Thank you all for your various posts that helped me understand the whole process.


----------



## ChameleonPrints (Apr 7, 2007)

My experience has been with Artanium inks and I have been quite happy with them. I can't say that I have had much experience with the Sawgrass Sublijet IQ. 

However, when it comes to printers I am curious why you would go with the more expensive 8 color systems? While the 8 color system may do well in making more realistic photos on photographic paper, in my opinion you will not get any extra benefit on a shirt over a much cheaper 6 color printer. I run 2 1280s with refillable spongeless cartridges so that I can save money by buying my ink in bulk. Paying for the pre-filled cartridges will make your costs significantly higher and will cut into your expected profits. If you go with an 8 color system, then you need to go with some type of continuous flow system or spongeless refillable cartridges to keep your ink costs lower.


----------



## rusty (Feb 9, 2007)

I use Sublijet IQ and an R1800, and am happy with it, although I can't compare it to anything. I have the continuous flow ink system. I don't think the # of inks in a printer has much to do with the cost. The same amount of ink is used on a print, regardless of how many heads are doing the printing. With 8 inks, you just have to refill less often than 6 color printer.
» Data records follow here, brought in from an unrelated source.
-- ===== src/Alerts/Fired.antt =====
-- The alerts that `Evaluate` of internal/alerts/alerts.go returns.
use mathlib.Core.List.{map-append, append_assoc, append-nil}
use mathlib.Core.Path.{ap₂}
use monitoring.Base.{
  keep, All, Apart, Text, ℕ, ◌≡◌, refl, sym, ap, ◌∙◌, ◌≢◌, Bool, true, false, ◌&&◌, not, List, [],
  ◌∷◌, ◌++◌, map, arith,
}
use monitoring.Storage.{Alert, Env, World, IsReliable}
use monitoring.Alerts.Engine.{
  AllMetrics, Engine, Check, checks, Progress, evaluate_check, evaluate_checks, evaluate,
}
use monitoring.Alerts.Rounds.{
  level, is_active, Round, evaluate_check-Round, evaluate_check_ok, evaluate_check-level,
}
use monitoring.Alerts.Kinds.{kind, HasKeys, checks-Apart}

-- What an alert says of the check that fired it.
abbrev pub report : Alert → Check
report a = record { kind = a.kind; value = a.value; threshold = a.threshold; msg = a.message }

-- A check that finds its kind inactive and wants it active.
abbrev pub rises : List (Text × ℕ) → Check → Bool
rises active c = not (is_active c.kind active) && level c false

abbrev when : Bool → Check → List Check
when true c = c ∷ []
when false c = []

module _ (env : Env) (reliable : IsReliable env) where
  round-fired :
      (c : Check) (p : Progress)
      → map report (evaluate_check env c p).0.fired
        ≡ map report p.fired ++ when (rises p.active c) c
  round-fired c p = elim (evaluate_check-Round env c p reliable) [
    | Round.stays l e ↦ rw e (ground (arith, append-nil (map report p.fired)))
    | Round.fires new l e ↦ rw e (simp map-append (ground arith))
    | Round.resolves id old l e ↦ rw e (ground (arith, append-nil (map report p.fired)))
  ]

  -- A round leaves the other kinds as they are.
  keep-rises :
      (c : Check) (p : Progress) (cs : List Check)
      → All (λ d. kind c ≢ kind d) cs
      → keep (rises (evaluate_check env c p).0.active) cs ≡ keep (rises p.active) cs
  keep-rises c p [] h = refl
  keep-rises c p (d ∷ cs) h =
      ground (arith, evaluate_check-level env c p reliable d.kind, keep-rises c p cs h.1)

  when-keep :
      (c : Check) (p : Progress) (cs : List Check)
      → when (rises p.active c) c ++ keep (rises p.active) cs ≡ keep (rises p.active) (c ∷ cs)
  when-keep c p cs = ground arith

  evaluate_checks-fired :
      (cs : List Check) (p : Progress)
      → Apart kind cs
      → map report (evaluate_checks env cs p).0.fired
        ≡ map report p.fired ++ keep (rises p.active) cs
  unfolding evaluate_checks
  evaluate_checks-fired [] p h = sym (append-nil _)
  evaluate_checks-fired (c ∷ cs) p h =
      rw (evaluate_check_ok env c p reliable, evaluate_checks)
        (evaluate_checks-fired cs (evaluate_check env c p).0 h.1
          ∙ ap₂ ◌++◌ (round-fired c p) (keep-rises c p cs h.0)
          ∙ append_assoc (map report p.fired) (when (rises p.active c) c) _
          ∙ ap (◌++◌ (map report p.fired)) (when-keep c p cs))

  -- If all statements succeed, no two disks share a mount point and no two URLs an id, then the
  -- alerts that `Evaluate` returns report, in the order of the checks, just those checks whose
  -- kind was not active before and whose value is at a positive threshold or above.
  pub evaluate-fired :
      (e : Engine) (m : AllMetrics) (w : World)
      → HasKeys m
      → map report (evaluate env e m w).0.fired ≡ keep (rises e.active) (checks e m)
  unfolding evaluate
  evaluate-fired e m w keys = evaluate_checks-fired (checks e m) _ (checks-Apart e m keys)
And of course a 4 head printer will need refilling twice as often as a 8 head printer (assuming the same size carts/bags). Of course with 8 heads, you have twice the probability that a head will get clogged as a 4 head, but I haven't had much trouble with clogged heads, and I only use the printer about once a week.

I chose not to go with the 1280 because they haven't been manufactured for a while. They are old technology and I didn't want something that old that I will be counting on for hopefully years to come. Ink manufactures are focusing on the new printers for all their accessories rather than on an obsolete model.


----------



## BRC (Mar 27, 2007)

If you only print black then Sublijet would be better, but for me I get better colors from Artanium than I did from Sublijet. I didn't like the PowerDriver. I found it easier to adjust my colors in Photshop and use the ICC profile to get true colors than to let the driver decide by clicking photo or text or however many other options it has( I ran out of ink before getting what I wanted). 

The 1800 or the 4800 are both good options, the 4800 is a heavier duty printer if you plan on heavy use. Since you are just starting out you might consider a C-88 to get your feet wet, unless you feel you need the larger format. Dye sublimation can get a bit trying at times and the small printers are a lot cheaper for when you want to take a baseball bat to it or park it in a corner and forget you ever saw it like so many people end up doing.


----------



## neebo (Apr 12, 2007)

Thank you all for your help and advice. It seems like I am changing my mind on the ink and maybe going for Artainium UV+. Also I think the R1800 might be a better option for now.

Anyone using Vapor Apparel? are the results retail quality?

Many Thanks again


----------



## rusty (Feb 9, 2007)

neebo said:


> Anyone using Vapor Apparel? are the results retail quality?


Yes you CAN get retail quality results. The thin performance fabric presents some challenges that some have never overcome, such as leaving paper lines and shine. But it's possible. The basic T's are much easier to work with, but you need a lot of ink and high release paper to make a good image on them.

I use Sublijet IQ, so I can't comment on Artanium with Vapor.

One of the best looking shirts I've seen Sublimation done with is the WICKid moisture wicking shirts. They turn out beautiful. But they cost about twice as much as the Vapors.


----------



## D.Evo. (Mar 31, 2006)

Hi Neebo,

I use an Epson 4000 with Artainium and print on Vapor.
I'm very happy with the results I can achieve with this combination.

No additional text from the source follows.